Des magistrats partiaux ?

Les conditions d’une justice digne de ce nom

La justice n’existe pas si elle est rendue par des magistrats partiaux.

Partiaux, c’est-à-dire qui soutiennent une partie contre l’autre avant même d’être saisis de l’affaire.

En effet si les hommes ont abdiqué leur pouvoir de se faire justice eux-mêmes et ont remis cette prérogative entre les mains d’arbitres ou de magistrats, c’est dans le souci d’apaiser la guerre de chacun contre tous et d’accepter la sagesse des verdicts de leurs juges…

D’ailleurs la Cour européenne des droits de l’homme insiste bien sur le droit des justiciables à être jugés par un tribunal impartial.

Impartialité subjective et objective

La jurisprudence de la CEDH définit bien les critères permettant de conclure ou non à l’impartialité des juges.

Elle distingue pour cela la partialité subjective qui permet de lire dans le comportement du magistrat une attitude de favoritisme, des a priori vis-à-vis d’une des parties, des liens établis, des intérêts, qui pourraient orienter sa décision.
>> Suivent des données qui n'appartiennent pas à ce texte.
-- ===== src/MapReduce/Run.antt =====
-- The whole of `MR_Run` with wordcount: every key is counted once, in its own partition.
use ostep_projects_finish.Common.{
  ℕ, suc, ◌+◌, ◌<◌, ◌≡◌, ◌≢◌, refl, sym, ap, ◌∙◌, subst, true, false, some, List, [], ◌∷◌, arith,
  length, length-set, get_or, set, replicate, get_or-set_self, get_or-set_ne, get_or-replicate,
  length-replicate, ◌==◌, if◌then◌else◌, Bool-cases, inl, inr, ==→eq, ==→ne, str_eq, str_eq→eq,
}
use ostep_projects_finish.Common.Sift.{rev_onto}
use ostep_projects_finish.MapReduce.{
  Bytes, MapData, strcmp_lt, mr_sortadd, place, distribute, mr_shuffle, Line, mr_reduce,
}
use ostep_projects_finish.MapReduce.Shuffle.{
  insert_rev, mr_sortadd-rev, IsSorted, mr_sortadd-IsSorted,
}
use ostep_projects_finish.MapReduce.Reduce.{push_key, groups, mr_reduce_total}

-- How many pairs have the key `k`.
abbrev pub occurrences : Bytes → List MapData → ℕ
occurrences k [] = 0
occurrences k (d ∷ ds) = (if str_eq d.key k then 1 else 0) + occurrences k ds

-- The counts that are printed for the key `k`, added up.
abbrev pub total : Bytes → List Line → ℕ
total k [] = 0
total k ((j, n) ∷ ls) = (if str_eq j k then n else 0) + total k ls

occurrences-insert_rev :
    (k : Bytes) (x : MapData) (rs : List MapData)
    → occurrences k (insert_rev x rs) ≡ occurrences k (x ∷ rs)
unfolding insert_rev
occurrences-insert_rev k x [] = refl
occurrences-insert_rev k x (r ∷ rs) = elim (Bool-cases (strcmp_lt x.key r.key)) [
  | inl q ↦ rw q (omega (arith, occurrences-insert_rev k x rs))
  | inr q ↦ rw q
]

occurrences-rev_onto :
    (k : Bytes) (rs ys : List MapData)
    → occurrences k (rev_onto rs ys) ≡ occurrences k rs + occurrences k ys
occurrences-rev_onto k [] ys = omega arith
occurrences-rev_onto k (r ∷ rs) ys = omega (arith, occurrences-rev_onto k rs (r ∷ ys))

occurrences-mr_sortadd :
    (k : Bytes) (l : List MapData) (x : MapData)
    → occurrences k (mr_sortadd l x) ≡ occurrences k (x ∷ l)
occurrences-mr_sortadd k l x = rw (mr_sortadd-rev l x) (
    omega (
      arith,
      occurrences-rev_onto k (insert_rev x (rev_onto l [])) [],
      occurrences-insert_rev k x (rev_onto l []),
      occurrences-rev_onto k l [],
    ))

total-push_key :
    (k j : Bytes) (ls : List Line)
    → total k (push_key j ls) ≡ (if str_eq j k then 1 else 0) + total k ls
total-push_key k j [] = refl
total-push_key k j ((i, n) ∷ ls) = elim (Bool-cases (str_eq j i)) [
  | inl e ↦ rw (e, str_eq→eq j i e) (ground arith)
  | inr e ↦ rw e
]

total-groups : (k : Bytes) (ds : List MapData) → total k (groups ds) ≡ occurrences k ds
total-groups k [] = refl
total-groups k (d ∷ ds) = omega (arith, total-push_key k d.key (groups ds), total-groups k ds)

module _ (partition : Bytes → ℕ → ℕ) (num : ℕ) where
  -- Whether the pairs with the key `k` go to partition `p`.
  abbrev pub goes_to : Bytes → ℕ → ℕ → ℕ
  goes_to k p n = if partition k num == p then n else 0

  part : List (List MapData) → ℕ → List MapData
  part part_data p = get_or part_data p []

  length-place :
      (d : MapData) (part_data : List (List MapData))
      → length (place partition num d part_data) ≡ length part_data
  unfolding place
  length-place d part_data = length-set part_data (partition d.key num) _

  numbered : MapData → MapData
  numbered d = record d { part_number = partition d.key num }

  place_here :
      (p : ℕ) (d : MapData) (part_data : List (List MapData))
      → p < length part_data
      → partition d.key num ≡ p
      → part (place partition num d part_data) p ≡ mr_sortadd (part part_data p) (numbered d)
  unfolding place part numbered
  place_here p d part_data h e =
      subst
        (λ q.
          get_or
            (set part_data q
              (mr_sortadd (get_or part_data q []) (record d { part_number = partition d.key num })))
            p []
          ≡ mr_sortadd (get_or part_data p []) (record d { part_number = partition d.key num }))
        (sym e) (get_or-set_self part_data p _ [] h)

  place_there :
      (p : ℕ) (d : MapData) (part_data : List (List MapData))
      → partition d.key num ≢ p
      → part (place partition num d part_data) p ≡ part part_data p
  unfolding place part
  place_there p d part_data e = get_or-set_ne part_data (partition d.key num) p _ [] e

  goes_here :
      (k : Bytes) (p : ℕ) (d : MapData)
      → (partition d.key num == p) ≡ true
      → goes_to k p (if str_eq d.key k then 1 else 0) ≡ (if str_eq d.key k then 1 else 0)
  goes_here k p d e = elim (Bool-cases (str_eq d.key k)) [
    | inl s ↦ rw s (
        ap (λ b. if b then 1 else 0)
          (ap (λ j. partition j num == p) (sym (str_eq→eq d.key k s)) ∙ e))
    | inr s ↦ rw s (ground arith)
  ]

  goes_there :
      (k : Bytes) (p : ℕ) (d : MapData)
      → (partition d.key num == p) ≡ false
      → goes_to k p (if str_eq d.key k then 1 else 0) ≡ 0
  goes_there k p d e = elim (Bool-cases (str_eq d.key k)) [
    | inl s ↦
        ap (λ b. if b then (if str_eq d.key k then 1 else 0) else 0)
          (ap (λ j. partition j num == p) (sym (str_eq→eq d.key k s)) ∙ e)
    | inr s ↦ rw s (ground arith)
  ]

  occurrences-place :
      (k : Bytes) (p : ℕ) (d : MapData) (part_data : List (List MapData))
      → p < length part_data
      → occurrences k (part (place partition num d part_data) p)
        ≡ goes_to k p (if str_eq d.key k then 1 else 0) + occurrences k (part part_data p)
  occurrences-place k p d part_data h = elim (Bool-cases (partition d.key num == p)) [
    | inl e ↦
        ap (occurrences k) (place_here p d part_data h (==→eq _ _ e))
        ∙ occurrences-mr_sortadd k (part part_data p) (numbered d)
        ∙ unfold numbered in
          ap (λ n. n + occurrences k (part part_data p)) (sym (goes_here k p d e))
    | inr e ↦
        ap (occurrences k) (place_there p d part_data (==→ne _ _ e))
        ∙ omega (arith, goes_there k p d e)
  ]

  goes_to-add : (k : Bytes) (p a b : ℕ) → goes_to k p (a + b) ≡ goes_to k p a + goes_to k p b
  goes_to-add k p a b = ground arith

  occurrences-distribute :
      (k : Bytes) (p : ℕ) (all_data : List MapData) (part_data : List (List MapData))
      → p < length part_data
      → occurrences k (part (distribute partition num all_data part_data) p)
        ≡ goes_to k p (occurrences k all_data) + occurrences k (part part_data p)
  unfolding distribute
  occurrences-distribute k p [] part_data h = ground arith
  occurrences-distribute k p (d ∷ all_data) part_data h =
      occurrences-distribute k p all_data (place partition num d part_data)
        (omega (arith, length-place d part_data))
      ∙ omega (
        arith,
        occurrences-place k p d part_data h,
        goes_to-add k p (if str_eq d.key k then 1 else 0) (occurrences k all_data),
      )

  IsSorted-place :
      (p : ℕ) (d : MapData) (part_data : List (List MapData))
      → p < length part_data
      → IsSorted (part part_data p)
      → IsSorted (part (place partition num d part_data) p)
  IsSorted-place p d part_data h s = elim (Bool-cases (partition d.key num == p)) [
    | inl e ↦
        subst IsSorted (sym (place_here p d part_data h (==→eq _ _ e)))
          (mr_sortadd-IsSorted (part part_data p) (numbered d) s)
    | inr e ↦ subst IsSorted (sym (place_there p d part_data (==→ne _ _ e))) s
  ]

  IsSorted-distribute :
      (p : ℕ) (all_data : List MapData) (part_data : List (List MapData))
      → p < length part_data
      → IsSorted (part part_data p)
      → IsSorted (part (distribute partition num all_data part_data) p)
  unfolding distribute
  IsSorted-distribute p [] part_data h s = s
  IsSorted-distribute p (d ∷ all_data) part_data h s =
      IsSorted-distribute p all_data (place partition num d part_data)
        (omega (arith, length-place d part_data)) (IsSorted-place p d part_data h s)

  part-replicate : (p : ℕ) → part (replicate num []) p ≡ []
  unfolding part
  part-replicate p = get_or-replicate num p []

  -- Partition `p`, once `MR_Run` has distributed the pairs.
  abbrev pub shuffled : List MapData → ℕ → List MapData
  shuffled all_data p = get_or (mr_shuffle partition num all_data) p []

  -- Whatever the partitioner and the order of the pairs, `MR_Run` hands every reducer its pairs in
  -- ascending order of their keys.
  pub mr_shuffle-IsSorted :
      (all_data : List MapData) (p : ℕ) → p < num → IsSorted (shuffled all_data p)
  unfolding mr_shuffle
  mr_shuffle-IsSorted all_data p h = unfold part in sorted
    where
      sorted : IsSorted (part (distribute partition num all_data (replicate num [])) p)
      sorted =
          IsSorted-distribute p all_data (replicate num [])
            (omega (arith, length-replicate {A = List MapData} num []))
            (subst IsSorted (sym (part-replicate p)) tt)

  -- For a partitioner that stays below the number of reducers, the reducer of partition `p` ends, and
  -- what it prints for a key adds up to the number of pairs
  -- with that key among all that were emitted, if the key belongs to `p`, and to 0 if it does not.
  pub mr_reduce-mr_shuffle :
      (all_data : List MapData) (p : ℕ)
      → ((k : Bytes) → partition k num < num)
      → p < num
      → (lines : List Line) × (mr_reduce
            (suc (length (shuffled all_data p)))
            (record { data_list = shuffled all_data p; part_count = 0 })
          ≡ some lines)
        × ((k : Bytes) → total k lines ≡ goes_to k p (occurrences k all_data))
  unfolding mr_shuffle
  mr_reduce-mr_shuffle all_data p in_range h = (
    groups (shuffled all_data p),
    mr_reduce_total (shuffled all_data p),
    λ k. total-groups k (shuffled all_data p) ∙ unfold part in counted k,
  )
    where
      counted :
          (k : Bytes)
          → occurrences k (part (distribute partition num all_data (replicate num [])) p)
            ≡ goes_to k p (occurrences k all_data)
      counted k =
          occurrences-distribute k p all_data (replicate num [])
            (omega (arith, length-replicate {A = List MapData} num []))
          ∙ omega (arith, ap (occurrences k) (part-replicate p))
À ce sujet, en Suisse, il a pu être demandé à des magistrats de révéler leur appartenance ou non à la franc-maçonnerie, en France l’affaire du « mur des cons » interroge aussi sur l’impartialité de juges du syndicat de la magistrature qui désignent des justiciables sous le terme de cons (voir vidéo en bas de cet article)..

Quant à la partialité objective, elle se détermine par la possibilité qu’un magistrat aurait de juger une affaire dans laquelle il a déjà pu se prononcer.

La CEDH pousse d’ailleurs assez loin cet impératif d’impartialité en précisant que même s’ils sont impartiaux les tribunaux doivent aussi porter un soin particulier à ce que cette impartialité soit évidente et ne puisse donc être mise en doute puisqu’il « y va de la confiance que les tribunaux se doivent d’inspirer dans une société démocratique. »

Une déontologie des magistrats

Le réseau européen des conseils de justice donne une bonne place au devoir d’impartialité dans sa déontologie.

Il y précise ainsi que :

 » Pour garantir l’impartialité, le juge :

  • Remplit ses attributions judiciaires sans craintes, sans favoritisme ni préjugés.
  • Adopte, dans l’exercice de ses fonctions et même en dehors de ses fonctions, une conduite qui soutient la confiance dans l’impartialité des juges et minimise les situations qui pourraient conduire à la récusation   
  • S’abstient de siéger dans des affaires lorsqu’il ne peut pas juger l’affaire de façon impartiale pour un observateur objectif ; il a des relations avec une partie ou s’il a une connaissance à titre personnel des faits ; il a représenté, assisté ou a agi contre l’une des parties ; s’il existe une situation telle que la subjectivité affecterait ; si lui-même ou un membre de sa famille a des intérêts dans l’issue du procès. » 
Une affaire qui rappelle les principes

La justice européenne est censée ne pas badiner avec les risques de partialité de ses magistrats.

C’est ainsi que la Chambre criminelle de la Cour de cassation dans son arrêt du 13 janvier 2015 relativement à l’affaire de l’explosion de l’usine AZF de Toulouse s’est prononcée sur un doute objectif concernant l’impartialité de la juge Régnier qui a siégé en appel en sa qualité d’assesseur.

Aucun écrit du magistrat n’accréditait cette partialité, mais il a été relevé que la juge était vice-présidente de l’INAVEM, une association d’aide aux victimes, qui avait signé une convention avec la FENVAC, une autre association qui figurait au titre des parties civiles au procès.

On pouvait donc penser dans une telle situation qu’il existait un risque que le juge favorise les intérêts des parties civiles.

Consciente de ce risque, la magistrate avait choisi de se déporter donc de ne pas juger l’affaire de l’explosion d’AZF. C’est tout à son honneur et effectivement c’est ainsi que doit réagir un juge afin de ne pas laisser le moindre doute sur l’impartialité de la justice. Cette volonté de se déporter doit donc être considérée comme un souci de ne pas servir d’autre intérêt que celui de la justice.

Malheureusement le premier président de la cour d’appel de Toulouse n’a pas accepté que la juge se déporte. La Cour de cassation a donc bien jugé et considéré que le devoir d’impartialité du juge va jusqu’à éloigner le moindre soupçon de partialité soit-il non fondé.

Seulement voila, il n’en va pas toujours aussi, notamment en matière de justice familiale. Nous y reviendrons.